If you want to run multiple PostgreSQL instances for performance reasons, having them fighting over shared storage would be counter-productive anyway. If the DB is small enough to fit in RAM it'd be OK ... but in that case it's also easy to just clone it to each machine. If the DB isn't big enough to be cached in RAM then both DB instances would be I/O bottlenecked and unlikely to perform any better than (probably slightly worse than) a single DB not subject to storage contention.
There's some chance that you could get it to work by:
Moving the constant data into a new tablespace onto read-only shared storage
Taking a basebackup of the database, minus the newly separated tablespace for shared data
Copying the basebackup of the DB to read/write private storage on each host that'll run a DB
Mounting the shared storage and linking the tablespace in place where Pg expects it
Starting pg
... at least if you force hint-bit setting and VACUUM FREEZE everything in the shared tablespace first. It isn't supported, it isn't tested, it probably won't work, there's no benefit over running private instances, and I sure as hell wouldn't do it, but if you really insist you could try it.
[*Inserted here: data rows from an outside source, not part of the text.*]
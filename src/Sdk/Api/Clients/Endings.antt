-- ===== src/Sdk/Api/Clients/Endings.antt =====
-- A segment that is ended and freed: its union is read by the member that was written.
use mathlib.Core.Path.{subst}
use c_sdk.Base.{
  ℕ, ◌≡◌, ◌≢◌, refl, sym, ◌∙◌, Bool, true, false, Option, none, some, ◌∷◌, arith, Bool-cases, inl,
  inr, is_some,
}
use c_sdk.Sdk.Machine.{
  Call, nr_segment_type, nr_segment_end, nr_segment_add_metric, nr_segment_datastore_end,
  nr_segment_external_end, Segment, Fields, unset, datastore, external, World, Outcome, ok,
  Transaction, acquire, did, fault, dangling, wrong_member, update, is_null, M,
}
use c_sdk.Sdk.Segment.{end_segment, end_matching, end_locked, end_typed, finish, segment_custom}
use c_sdk.Sdk.Datastore.{segment_datastore, no_datastore}
use c_sdk.Sdk.External.{segment_external, no_external}
use c_sdk.Sdk.Api.Clients.{Contract, Typed, Matches, destroys, lasts, passes, passes_segment_ptr}
use c_sdk.Sdk.Api.Clients.Memory.{Sound, call-Typed}
use c_sdk.Sdk.Api.Clients.Unions.{Fits, typed-at, clear-Typed, clear_once-Typed, write-Typed}

-- The type that a union was written for.
abbrev kind_of : Fields → ℕ
kind_of unset = segment_custom
kind_of (datastore d) = segment_datastore
kind_of (external e) = segment_external

Matches-kind : (k : ℕ) (f : Fields) → Matches k f → k ≡ kind_of f
Matches-kind k unset m = m
Matches-kind k (datastore d) m = m
Matches-kind k (external e) m = m

kind-Matches : (k : ℕ) (f : Fields) → k ≡ kind_of f → Matches k f
kind-Matches k unset m = m
kind-Matches k (datastore d) m = m
kind-Matches k (external e) m = m

module _ {S : Type 0} {perform : Call → S → ℕ × S} (contract : Contract perform) where
  -- The segment at an address stays live, all stay typed, and the transactions are the same.
  abbrev SoundAt : {A : Type 0} → World S → ℕ → Outcome S A → Type 0
  SoundAt v x (ok a w) =
      Typed contract w.axiom_state w.segments
      × (lasts (contract.over w.axiom_state) (w.segments x) ≡ true)
      × (w.transactions ≡ v.transactions)
  SoundAt v x (fault e) = (e ≢ dangling) × (e ≢ wrong_member)

  module _ (w : World S) (typed : Typed contract w.axiom_state w.segments) (x : ℕ) (v : Segment)
      (live : w.segments x ≡ some v)
      (lasting : contract.over w.axiom_state v.transaction ≡ false) where
    -- What axiom answers for the type of the segment, also after another call.
    reported-kind :
        (f : Fields)
        → v.fields ≡ f
        → (perform (nr_segment_type v.segment) w.axiom_state).0 ≡ kind_of f
    reported-kind f e =
        contract.reported v.segment w.axiom_state
        ∙ Matches-kind (contract.type_of w.axiom_state v.segment) f (
            subst (Matches (contract.type_of w.axiom_state v.segment)) e
              (typed-at contract w.axiom_state w.segments typed x v live lasting).1)

    abbrev asked : S
    asked = (perform (nr_segment_type v.segment) w.axiom_state).1

    asked-Typed : Typed contract asked w.segments
    asked-Typed =
        call-Typed contract (nr_segment_type v.segment) w.axiom_state w.segments (λ y. refl) typed

    finish_as-Sound : (f : Fields) (b : Bool) → v.fields ≡ f → Sound contract (finish perform b x w)
    unfolding finish
    finish_as-Sound unset b e = ground (
      arith,
      reported-kind unset e,
      clear_once-Typed contract asked w.segments x asked-Typed,
      clear_once-Typed contract w.axiom_state w.segments x typed,
    )
    finish_as-Sound (datastore d) b e = ground (
      arith,
      reported-kind (datastore d) e,
      clear-Typed contract asked w.segments x
          (some (record v { fields = datastore (record no_datastore { type_of = d.type_of }) }))
          asked-Typed,
      clear_once-Typed contract w.axiom_state w.segments x typed,
    )
    finish_as-Sound (external d) b e = ground (
      arith,
      reported-kind (external d) e,
      clear-Typed contract asked w.segments x (some (record v { fields = external no_external }))
          asked-Typed,
      clear_once-Typed contract w.axiom_state w.segments x typed,
    )

    -- The fields are destroyed and the type stays.
    emptied-Typed :
        (s : S) (f f' : Fields)
        → v.fields ≡ f
        → kind_of f ≡ kind_of f'
        → Typed contract s w.segments
        → contract.over s v.transaction ≡ false
        → Typed contract s (update w.segments x (some (record v { fields = f' })))
    emptied-Typed s f f' e same t still =
        let old : Fits contract s v.segment v.transaction v.fields =
          typed-at contract s w.segments t x v live still in
        write-Typed contract s w.segments (update w.segments x (some (record v { fields = f' }))) x
          (record v { fields = f' }) (λ q other. ground (arith, other)) (ground arith) t
          (
            old.0,
            kind-Matches (contract.type_of s v.segment) f'
                (Matches-kind (contract.type_of s v.segment) f (subst (Matches _) e old.1) ∙ same),
          )

    -- The transaction is not over after these calls.
    still_asked : contract.over asked v.transaction ≡ false
    still_asked =
        contract.keeps_over (nr_segment_type v.segment) w.axiom_state v.transaction refl ∙ lasting

    still_ended :
        (c : Call)
        → ((t : ℕ) → destroys c t ≡ false)
        → contract.over (perform c asked).1 v.transaction ≡ false
    still_ended c h = contract.keeps_over c asked v.transaction (h v.transaction) ∙ still_asked

    end_typed_as-Sound :
        (f : Fields) → v.fields ≡ f → SoundAt w x (end_typed perform (kind_of f) x v w)
    unfolding end_typed
    end_typed_as-Sound unset e =
        let c : Call = nr_segment_end v.segment in
        let d : Call = nr_segment_add_metric v.segment true in
        ground (
          arith,
          live,
          call-Typed contract d (perform c w.axiom_state).1 w.segments (λ y. refl)
              (call-Typed contract c w.axiom_state w.segments (λ y. refl) typed),
          contract.keeps_over d (perform c w.axiom_state).1 v.transaction refl,
          contract.keeps_over c w.axiom_state v.transaction refl,
        )
    end_typed_as-Sound (datastore d) e =
        let f : Fields = datastore (record no_datastore { type_of = d.type_of }) in
        ground (
          arith,
          live,
          reported-kind (datastore d) e,
          emptied-Typed (perform (nr_segment_datastore_end v.segment d) asked).1 (datastore d) f e
              refl
              (call-Typed contract (nr_segment_datastore_end v.segment d) asked w.segments
                (λ y. refl) asked-Typed)
              (still_ended (nr_segment_datastore_end v.segment d) (λ t. refl)),
          still_ended (nr_segment_datastore_end v.segment d) (λ t. refl),
        )
    end_typed_as-Sound (external d) e = ground (
      arith,
      live,
      reported-kind (external d) e,
      emptied-Typed (perform (nr_segment_external_end v.segment d) asked).1 (external d)
          (external no_external) e refl
          (call-Typed contract (nr_segment_external_end v.segment d) asked w.segments (λ y. refl)
            asked-Typed)
          (still_ended (nr_segment_external_end v.segment d) (λ t. refl)),
      still_ended (nr_segment_external_end v.segment d) (λ t. refl),
    )

  module _ (w : World S) (typed : Typed contract w.axiom_state w.segments) (p x : ℕ) where
    finish_found-Sound :
        (b : Bool) (o : Option Segment)
        → w.segments x ≡ o
        → lasts (contract.over w.axiom_state) o ≡ true
        → Sound contract (finish perform b x w)
    finish_found-Sound b none e h = absurd (cc)
    finish_found-Sound b (some v) e h =
        finish_as-Sound w typed x v e (ground (arith, h)) v.fields b refl

    finish-Sound :
        (b : Bool)
        → lasts (contract.over w.axiom_state) (w.segments x) ≡ true
        → Sound contract (finish perform b x w)
    finish-Sound b h = finish_found-Sound b (w.segments x) refl h

    module _ (v : Segment) (live : w.segments x ≡ some v)
        (lasting : contract.over w.axiom_state v.transaction ≡ false) (t : Transaction)
        (found : w.transactions p ≡ some t) where
      -- The world in which the segment is ended as its type asks for.
      abbrev locked : World S
      locked = record w {
        axiom_state = (perform (nr_segment_type v.segment) w.axiom_state).1;
        transactions = update w.transactions p (some (record t { locked = true }));
        trace = did (nr_segment_type v.segment) ∷ acquire p ∷ w.trace;
      }

      typed_end :
          SoundAt locked x
            (end_typed perform (perform (nr_segment_type v.segment) w.axiom_state).0 x v locked)
      typed_end =
          subst (λ k. SoundAt locked x (end_typed perform k x v locked))
            (sym (reported-kind w typed x v live lasting v.fields refl))
            (end_typed_as-Sound locked (asked-Typed w typed x v live lasting) x v live
              (still_asked w typed x v live lasting) v.fields refl)

      end_locked-Sound :
          is_null p ≡ false
          → SoundAt
              (record w {
                transactions = update w.transactions p (some (record t { locked = false }));
              })
              x
              (end_locked perform p x v w)
      unfolding end_locked
      end_locked-Sound z = ground (arith, found, typed_end)

  -- What is done after the segment was ended, with it still live.
  SoundAt-bind :
      {A B : Type 0} (v : World S) (x : ℕ) (m : Outcome S A) (k : A → M S B)
      → SoundAt v x m
      → ((a : A) (w : World S)
          → Typed contract w.axiom_state w.segments
          → lasts (contract.over w.axiom_state) (w.segments x) ≡ true
          → Sound contract (k a w))
      → Sound contract (elim m as (λ _. Outcome S B) [ ok a w' ↦ k a w' | fault e ↦ fault e ])
  SoundAt-bind v x (ok a w) k h f = f a w h.0 h.1
  SoundAt-bind v x (fault e) k h f = h

  module _ (w : World S) (typed : Typed contract w.axiom_state w.segments) (p : ℕ) where
    end_matching-Sound :
        (x : ℕ) (v : Segment) (o : Option Transaction)
        → w.segments x ≡ some v
        → contract.over w.axiom_state v.transaction ≡ false
        → w.transactions p ≡ o
        → is_null p ≡ false
        → is_some o ≡ true
        → Sound contract (end_matching perform p x v w)
    unfolding end_matching
    end_matching-Sound x v none live lasting found z h = absurd (cc)
    end_matching-Sound x v (some t) live lasting found z h =
        SoundAt-bind
          (record w { transactions = update w.transactions p (some (record t { locked = false })) })
          x (end_locked perform p x v w) _ (end_locked-Sound w typed p x v live lasting t found z)
          (λ a w' typed' live'. finish-Sound w' typed' p x true live')

    end_found-Sound :
        (x : ℕ) (o : Option Segment)
        → passes w.transactions p ≡ true
        → w.segments x ≡ o
        → lasts (contract.over w.axiom_state) o ≡ true
        → Sound contract (end_segment perform p (some x) w)
    unfolding end_segment
    end_found-Sound x none h e k = absurd (cc)
    end_found-Sound x (some v) h e k = ground (
      arith,
      e,
      finish-Sound w typed p x false,
      end_matching-Sound x v (w.transactions p) e (ground (arith, k)),
    )

    pub end_segment-Sound :
        (s : Option ℕ)
        → passes w.transactions p ≡ true
        → passes_segment_ptr perform contract.over w s ≡ true
        → Sound contract (end_segment perform p s w)
    unfolding end_segment
    end_segment-Sound none h k = typed
    end_segment-Sound (some x) h k = elim (Bool-cases (is_null x)) [
      | inl null ↦ rw null typed
      | inr there ↦ end_found-Sound x (w.segments x) h refl (ground (arith, k))
    ]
Crashes, wrong query results, and other bizarre behaviour are not unlikely.
I've never tried it, but it may be possible to run postgres with a data dir which is mostly on a RO file system if all your use is indeed read-only. You will need to be sure to disable autovacuum. I think even read activity may generate xlog mutation, so you will probably have to symlink the pg_xlog directory onto a writeable file system. Sometimes read queries will spill to disk for large sorts or other temp requirements, so you should also link base/pgsql_tmp to a writeable disk area.
As Richard points out there are visibility hint bits in the data heap. May want to try VACUUM FULL FREEZE ANALYZE on the db before putting it on the RO file system.
"Is something like this possible in Postgres, if not, any alternatives? (MySQL? sqlite even?)"
I'm trying to figure out if I can do this with postgres as well, to port over a system from sqlite. I can confirm that this works just fine with sqlite3 database files on a read-only NFS share. Sqlite does work nicely for this purpose.
When done with sqlite, we cut over to a new directory with new sqlite files whenever there are updates. We don't ever insert into the in-use database. I'm not sure if inserts would pose any problems (with either database). Caching read-only data at the OS level could be an issue if another database instance mounted the dir read-write. This is something I would ideally like to be able to do.